The IRS simply does not communicate with taxpayers via email. The IRS will only contact tax payers through physical mail. While many email messages and Web sites can look official, individuals should be extremely cautious about opening unexpected emails or clicking on Web links claiming to be from the IRS. Common phishing tactics include notices about big refunds, overdue tax bills, or requests for personal information.

It is important that you learn how to identify fake emails or Web sites looking to steal personal information. Here are some things to look for:

• Generic greeting. Phishers often send thousands of emails at one time. Be skeptical of any email sent that starts with ’Dear Customer,‘ or ’Dear Taxpayer.’
• Incorrect ‘From’ address. Look for a sender's email address that is similar to, but not the same as, a company's official email address. Official email from the IRS always comes from an @irs.gov email address. You can usually move your mouse pointer over the sender’s email address and the real one will pop up so you can compare the two.
• Urgent action required. Fraudsters often include urgent calls to action to try to get you to react immediately. Remember that the IRS will never send an email threatening lawsuits, liens, arrest, or other actions. They will also never demand that you react immediately or provide confidential information. Instead, the IRS communicates via traditional mail, and has a clearly defined process for filing and managing tax disputes.
• Link to a fake IRS website. To trick you into disclosing your user name and password, cybercriminals often include a link to a fake website that often looks exactly like the sign-in page of the legitimate IRS or tax preparer’s website. Before clicking on the link put your mouse cursor over it to view the real site address, which is typically provided in the lower left corner of your browser. It will probably be extremely complex and not point to a .gov site, indicating that it is not a legitimate government web page. Do not click on the link. If you end up on a potentially fake site look for misspelled words and poor language within the site content.
• Poor spelling and grammar in the email. You would think that this would be an easy problem for cybercriminals to fix, but a remarkable percentage of phishing emails and websites are riddled with misspelled words, bad punctuation, and improper grammar.

Conclusion

If you find that you have been the victim of tax return fraud, it is not the end of the world. The IRS has assigned thousands of IRS employees to work on identity theft issues, including prevention, investigating identity theft-related crimes, and helping taxpayers who have become victims of identity theft.
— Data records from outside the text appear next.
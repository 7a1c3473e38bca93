-- ===== src/Rtsp/Codecs.antt =====
-- per_client_init, close_av and per_client_deinit of ga/core/rtspserver.cpp: the codecs and streams of
-- a connection, on a heap that says of each AVStream its `codec`, and of each AVFormatContext its
-- `streams` and whether it has a `pb`. The calls that give something back are logged in their order.
-- A codec is not NULL, which rtspconf_load_codec sees to, and there is sound (ENABLE_AUDIO).
pub mod Given
pub mod Sdp
pub mod Freed
pub mod Opened
mod Tests
use gaminganywhere.Base.{
  ℕ, zero, suc, ◌+◌, ◌==◌, if◌then◌else◌, ◌&&◌, Bool, true, false, List, [], ◌∷◌, ◌++◌, Option,
  none, some,
}
use gaminganywhere.Rtsp.Server.{LowerTransport, udp, same_transport}

pub data Event : Type 0 where
  codec_closed : ℕ → Event
  codec_freed : ℕ → Event
  stream_freed : ℕ → Event
  pb_closed : ℕ → Event
  context_freed : ℕ → Event
  rbuffer_freed : Event

pub record Heap : Type 0 where
  pub codec : ℕ → Option ℕ
  pub streams : ℕ → List ℕ
  pub pb : ℕ → Bool
  pub next : ℕ
  pub log : List Event

abbrev pub note : Event → Heap → Heap
note e h = record h { log = h.log ++ (e ∷ []) }

abbrev pub set_codec : ℕ → Option ℕ → Heap → Heap
set_codec s c h = record h { codec = λ x. if x == s then c else h.codec x }

abbrev pub same_ptr : Option ℕ → Option ℕ → Bool
same_ptr none none = true
same_ptr (some p) (some q) = p == q
same_ptr _ _ = false

abbrev pub ga_avcodec_close : Option ℕ → Heap → Heap
ga_avcodec_close none h = h
ga_avcodec_close (some c) h = note (codec_closed c) h

-- `av_free` on a codec context, or NULL
abbrev pub free_codec : Option ℕ → Heap → Heap
free_codec none h = h
free_codec (some c) h = note (codec_freed c) h

abbrev pub free_stream : Option ℕ → Heap → Heap
free_stream none h = h
free_stream (some s) h = note (stream_freed s) h

-- The part of close_av on `st->codec`, over what the stream holds.
abbrev pub close_held : Option ℕ → ℕ → Option ℕ → Heap → Heap
close_held cctx s none h = h
close_held cctx s (some c) h =
    set_codec s none (if same_ptr (some c) cctx then h else ga_avcodec_close (some c) h)

abbrev pub close_stream_codec : Option ℕ → Option ℕ → Heap → Heap
close_stream_codec cctx none h = h
close_stream_codec cctx (some s) h = close_held cctx s (h.codec s) h

-- `st` and `cctx` are set to NULL where the context turns out to hold them.
pub record Closing : Type 0 where
  pub heap : Heap
  pub st : Option ℕ
  pub cctx : Option ℕ

-- A round of the loop over `fctx->streams`, over the stream's codec.
abbrev pub close_next : Closing → ℕ → Option ℕ → Closing
close_next c s held = record {
  heap = note (stream_freed s) (
      set_codec s none
        (free_codec held (if same_ptr c.cctx held then c.heap else ga_avcodec_close held c.heap)));
  st = if same_ptr c.st (some s) then none else c.st;
  cctx = if same_ptr c.cctx held then none else c.cctx;
}

pub close_streams : Closing → List ℕ → Closing
close_streams c [] = c
close_streams c (s ∷ ss) = close_streams (close_next c s (c.heap.codec s)) ss

abbrev pub close_pb : ℕ → LowerTransport → Heap → Heap
close_pb f transport h = if same_transport transport udp && h.pb f then note (pb_closed f) h else h

abbrev pub close_context : Option ℕ → LowerTransport → Closing → Closing
close_context none transport c = c
close_context (some f) transport c =
    let c' = close_streams c (c.heap.streams f) in
    record c' { heap = note (context_freed f) (close_pb f transport c'.heap) }

abbrev pub free_left : Closing → Heap
free_left c = free_stream c.st (free_codec c.cctx c.heap)

pub close_av : Option ℕ → Option ℕ → Option ℕ → LowerTransport → Heap → Heap
close_av fctx st cctx transport h = free_left (
    close_context fctx transport (record {
      heap = close_stream_codec cctx st (ga_avcodec_close cctx h);
      st = st;
      cctx = cctx;
    }))

-- `fmtctx`, `stream`, `encoder` and `lower_transport` at one index
pub record Slot : Type 0 where
  pub fmtctx : Option ℕ
  pub stream : Option ℕ
  pub encoder : Option ℕ
  pub lower_transport : LowerTransport

pub record Connection : Type 0 where
  pub slots : List Slot
  pub sdp_fmtctx : Option ℕ
  pub rbuffer : Bool
  pub rbufhead : ℕ
  pub rbuftail : ℕ
  pub rbufsize : ℕ

abbrev pub close_slot : Slot → Heap → Heap
close_slot x h = close_av x.fmtctx x.stream x.encoder x.lower_transport h

-- The loop of per_client_deinit for so many rounds; none means that it leaves the arrays.
pub close_slots : ℕ → List Slot → Heap → Option Heap
close_slots zero xs h = some h
close_slots (suc n) [] h = none
close_slots (suc n) (x ∷ xs) h = close_slots n xs (close_slot x h)

abbrev pub free_rbuffer : Bool → Heap → Heap
free_rbuffer true h = note rbuffer_freed h
free_rbuffer false h = h

-- behind the loop
abbrev pub deinit_rest : Connection → Heap → Connection × Heap
deinit_rest c h = (
  record c { rbufsize = 0; rbufhead = 0; rbuftail = 0 },
  free_rbuffer c.rbuffer (close_av c.sdp_fmtctx none none udp h),
)

abbrev pub deinit_with : Connection → Option Heap → Option (Connection × Heap)
deinit_with c none = none
deinit_with c (some h) = some (deinit_rest c h)

pub per_client_deinit : ℕ → Connection → Heap → Option (Connection × Heap)
per_client_deinit channels c h = deinit_with c (close_slots (channels + 1) c.slots h)

-- What libav answers in per_client_init; stream number `channels` is the sound.
pub record InitAnswers : Type 0 where
  pub format : Bool
  pub context : Bool
  pub new_stream : ℕ → Bool
  pub open_codec : ℕ → Bool

-- `avformat_new_stream`: a stream with a codec context of its own, behind those that are there
abbrev pub add_stream : ℕ → Heap → Heap
add_stream f h = record h {
  codec = λ x. if x == h.next then some (h.next + 1) else h.codec x;
  streams = λ x. if x == f then h.streams f ++ (h.next ∷ []) else h.streams x;
  next = h.next + 2;
}

-- ga_avcodec_vencoder_init and ga_avcodec_aencoder_init on the codec of a stream: where the codec does
-- not open, its context is freed, and the stream still holds it.
abbrev pub encoder_init : Bool → ℕ → Heap → Bool × Heap
encoder_init true c h = (true, h)
encoder_init false c h = (false, note (codec_freed c) (note (codec_closed c) h))

abbrev pub init_stream : InitAnswers → ℕ → ℕ → Heap → Bool × Heap
init_stream av f i h =
    if av.new_stream i
    then encoder_init (av.open_codec i) (h.next + 1) (add_stream f h)
    else (false, h)

-- A stream for each channel from `i` on, and one for the sound behind them; it stops at a failure.
pub init_streams : InitAnswers → ℕ → ℕ → ℕ → Heap → Bool × Heap
init_streams av f zero i h = init_stream av f i h
init_streams av f (suc n) i h =
    let r = init_stream av f i h in
    let rest = init_streams av f n (suc i) r.1 in if r.0 then rest else (false, r.1)

-- `avformat_alloc_context`
abbrev pub add_context : Heap → Heap
add_context h = record h {
  streams = λ x. if x == h.next then [] else h.streams x;
  pb = λ x. if x == h.next then false else h.pb x;
  next = h.next + 1;
}

-- Is it successful, `sdp_fmtctx`, and the heap.
pub per_client_init : InitAnswers → ℕ → Heap → Bool × (Option ℕ × Heap)
per_client_init av channels h =
    if av.format && av.context
    then (let r = init_streams av h.next channels 0 (add_context h) in (r.0, (some h.next, r.1)))
    else (false, (none, h))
If you find that you cannot e-file your return due to a potential identity fraud issue, go ahead and submit it via mail by the tax deadline, and contact the IRS.

If you decide to call them, please be advised that all of their agents are more than likely busy. Your call will be very important to them, so please stay on the line and your call will be answered in the order it was received. Take a deep breath. It may take some time, but if you have been the victim of identity theft and fraud there are government resources available to help you through the situation.